Records for processing =>
******************************
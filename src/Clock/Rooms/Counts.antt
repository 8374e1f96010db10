-- ===== src/Clock/Rooms/Counts.antt =====
-- The counters of a recalculation are the rows that it adds.
use clock_ha_orchestrator.Prelude.{
  ℕ, ◌+◌, ◌≡◌, Bool, true, false, Option, none, some, List, String, is_some, length, if-holds,
  arith,
}
use clock_ha_orchestrator.Prelude.Results.{ok}
use clock_ha_orchestrator.Domain.Enums.{is_automatic, is_manual_override}
use clock_ha_orchestrator.Domain.Models.{HotelPolicy, DesiredRoomIntent, RoomStateEvaluation}
use clock_ha_orchestrator.Policy.Control.Rows.{latest_room_state}
use clock_ha_orchestrator.Persistence.Rows.{OverrideRow, Payload, pms_state}
use clock_ha_orchestrator.Persistence.Session.{Database, add_room_state}
use clock_ha_orchestrator.Clock.Registry.{RegistryRows}
use clock_ha_orchestrator.Clock.Rooms.{
  SemanticState, semantic_state, same_hash, next_intent_version, pms_state_payload, booking_row_id,
  persisted_intent_version, with_version, Recalculation,
}
use clock_ha_orchestrator.Clock.Rooms.Steps.{recalculate_rooms-Holds}
use clock_ha_orchestrator.Clock.Rooms.Step.{
  room_pms_state, publish, state_row, count, end_inactive_override, publish_control, publish_intent,
  audit_attention, keep_state, store_state, settle_room, recalculate_rooms,
}

-- So many room states, outbox events and audit events more.
abbrev pub Adds : ℕ → ℕ → ℕ → Database → Database → Type 0
Adds states events audits before after =
    (length after.room_states ≡ length before.room_states + states)
    × (length after.outbox_events ≡ length before.outbox_events + events)
    × (length after.audit_events ≡ length before.audit_events + audits)

-- What a recalculation returns counts what it added.
abbrev pub Counted : Database → Database × Recalculation → Type 0
Counted before r =
    Adds r.1.room_states_created r.1.outbox_events_created r.1.audit_events_created before r.0

-- The five steps of a new state: the end of an override, the state itself, its intent, its control
-- state, and the mark for attention.
chain :
    (ended intent flag : ℕ) (a b c d e f : Database)
    → Adds 0 0 ended a b
    → Adds 1 1 0 b c
    → Adds 0 intent 0 c d
    → Adds 0 ended 0 d e
    → Adds 0 0 flag e f
    → Adds 1 (1 + intent + ended) (ended + flag) a f
chain ended intent flag a b c d e f p q r s t = ground arith

plus-Adds :
    (s e a s' e' a' : ℕ) (x y z : Database)
    → Adds s e a x y
    → Adds s' e' a' y z
    → Adds (s + s') (e + e') (a + a') x z
plus-Adds s e a s' e' a' x y z p q = ground arith

nothing_added : (db : Database) → Adds 0 0 0 db db
nothing_added db = ground arith

module _ (uuid : ℕ → ℕ) (serialize : Payload → String) (hash : SemanticState → String)
    (prefix : String) (policy : HotelPolicy) (now correlation_id : ℕ) where
  end-Adds :
      (property_id room_id : ℕ) (latest : Option OverrideRow) (state : RoomStateEvaluation)
      (db : Database)
      → Adds 0 0
          (count
            (end_inactive_override uuid serialize hash prefix policy now correlation_id property_id
              room_id latest state db).1)
          db
          (end_inactive_override uuid serialize hash prefix policy now correlation_id property_id
            room_id latest state db).0
  end-Adds property_id room_id none state db = nothing_added db
  end-Adds property_id room_id (some row) state db =
      if-holds {A = Database × Bool} (λ r. Adds 0 0 (count r.1) db r.0)
        (is_automatic row.control_mode) _ _ (λ _. nothing_added db)
        (λ _.
          if-holds {A = Database × Bool} (λ r. Adds 0 0 (count r.1) db r.0)
            (is_manual_override state.phase) _ _ (λ _. nothing_added db) (λ _. ground arith))

  control-Adds :
      (key : String) (ended : Bool) (db : Database)
      → Adds 0
          (count ended)
          0
          db
          (publish_control uuid serialize hash prefix policy now correlation_id key ended db)
  unfolding publish_control
  control-Adds key false db = nothing_added db
  control-Adds key true db = ground arith

  intent-Adds :
      (key : String) (intent : Option DesiredRoomIntent) (db : Database)
      → Adds 0
          (count (is_some intent))
          0
          db
          (publish_intent uuid serialize hash prefix policy now correlation_id key intent db)
  intent-Adds key none db = nothing_added db
  intent-Adds key (some i) db = ground arith

  attention-Adds :
      (flag : Bool) (property_id room_id : ℕ) (booking : Option ℕ) (db : Database)
      → Adds 0 0 (count flag) db (
          audit_attention uuid serialize hash prefix policy now correlation_id flag property_id
            room_id booking db)
  attention-Adds false property_id room_id booking db = nothing_added db
  attention-Adds true property_id room_id booking db = ground arith

  one_state :
      (property_id room_id : ℕ) (key : String) (state : RoomStateEvaluation) (booking : Option ℕ)
      (version : ℕ) (text : String) (db : Database)
      → Adds 1 1 0 db (
          publish uuid serialize hash prefix policy now correlation_id
            (room_pms_state prefix key)
            (pms_state (pms_state_payload state correlation_id))
            (add_room_state uuid
              (state_row uuid serialize hash prefix policy now correlation_id room_id state booking
                version text)
              db))
  one_state property_id room_id key state booking version text db = ground arith

  keep-Counted :
      (key : String) (ended : Bool) (before db : Database)
      → Adds 0 0 (count ended) before db
      → Counted before
          (keep_state uuid serialize hash prefix policy now correlation_id key ended db)
  unfolding keep_state
  keep-Counted key ended before db h = ground (arith, control-Adds key ended db)

  store-Counted :
      (property_id room_id : ℕ) (key : String) (state : RoomStateEvaluation)
      (intent : Option DesiredRoomIntent) (version : ℕ) (text : String) (ended : Bool)
      (before db : Database)
      → Adds 0 0 (count ended) before db
      → Counted before (
          store_state uuid serialize hash prefix policy now correlation_id property_id room_id key
            state intent version text ended db)
  unfolding store_state
  store-Counted property_id room_id key state intent version text ended before db h =
      let booking = booking_row_id property_id state.booking db.bookings in
      let stored =
        add_room_state uuid
          (state_row uuid serialize hash prefix policy now correlation_id room_id state booking
            version text)
          db in
      let pms =
        publish uuid serialize hash prefix policy now correlation_id (room_pms_state prefix key)
          (pms_state (pms_state_payload state correlation_id)) stored in
      let announced =
        publish_intent uuid serialize hash prefix policy now correlation_id key intent pms in
      let published =
        publish_control uuid serialize hash prefix policy now correlation_id key ended announced in
      chain (count ended) (count (is_some intent)) (count state.needs_attention) before db pms
        announced published
        (audit_attention uuid serialize hash prefix policy now correlation_id state.needs_attention
          property_id room_id booking published)
        h (one_state property_id room_id key state booking version text db)
        (intent-Adds key intent pms) (control-Adds key ended announced)
        (attention-Adds state.needs_attention property_id room_id booking published)

  settle_room-Counted :
      (property_id room_id : ℕ) (key : String) (latest : Option OverrideRow)
      (state : RoomStateEvaluation) (intent : Option DesiredRoomIntent) (db : Database)
      → Counted db (
          settle_room uuid serialize hash prefix policy now correlation_id property_id room_id key
            latest state intent db)
  unfolding settle_room
  settle_room-Counted property_id room_id key latest state intent db =
      let before = latest_room_state room_id db in
      let text = hash (semantic_state state intent) in
      let ended =
        end_inactive_override uuid serialize hash prefix policy now correlation_id property_id
          room_id latest state db in
      let next = with_version (next_intent_version before) intent in
      let version = persisted_intent_version next before in
      if-holds (Counted db) (same_hash before text)
        (keep_state uuid serialize hash prefix policy now correlation_id key ended.1 ended.0)
        (store_state uuid serialize hash prefix policy now correlation_id property_id room_id key
          state next version text ended.1 ended.0)
        (λ _. keep-Counted key ended.1 db ended.0 (end-Adds property_id room_id latest state db))
        (λ _.
          store-Counted property_id room_id key state next version text ended.1 db ended.0
            (end-Adds property_id room_id latest state db))

  -- A recalculation that returns has added as many room states, outbox events and audit events as its
  -- counters say.
  pub recalculate_rooms-Counted :
      (registry : RegistryRows) (ids : List ℕ) (db : Database) (r : Database × Recalculation)
      → recalculate_rooms uuid serialize hash prefix policy now correlation_id registry ids db
        ≡ ok r
      → Counted db r
  recalculate_rooms-Counted registry ids db r h =
      recalculate_rooms-Holds uuid serialize hash prefix policy now correlation_id Counted
        (λ db. nothing_added db) settle_room-Counted
        (λ a b c p q. plus-Adds _ _ _ _ _ _ a b.0 c.0 p q) registry ids db r h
******************************
Exercise instructions => What you give back should be only the lines of the records above, starting at the line with "keep-Counted key ended before" and ending at the line with "ended announced in", restated word for word.

Result =>
  keep-Counted key ended before db h = ground (arith, control-Adds key ended db)

  store-Counted :
      (property_id room_id : ℕ) (key : String) (state : RoomStateEvaluation)
      (intent : Option DesiredRoomIntent) (version : ℕ) (text : String) (ended : Bool)
      (before db : Database)
      → Adds 0 0 (count ended) before db
      → Counted before (
          store_state uuid serialize hash prefix policy now correlation_id property_id room_id key
            state intent version text ended db)
  unfolding store_state
  store-Counted property_id room_id key state intent version text ended before db h =
      let booking = booking_row_id property_id state.booking db.bookings in
      let stored =
        add_room_state uuid
          (state_row uuid serialize hash prefix policy now correlation_id room_id state booking
            version text)
          db in
      let pms =
        publish uuid serialize hash prefix policy now correlation_id (room_pms_state prefix key)
          (pms_state (pms_state_payload state correlation_id)) stored in
      let announced =
        publish_intent uuid serialize hash prefix policy now correlation_id key intent pms in
      let published =
        publish_control uuid serialize hash prefix policy now correlation_id key ended announced in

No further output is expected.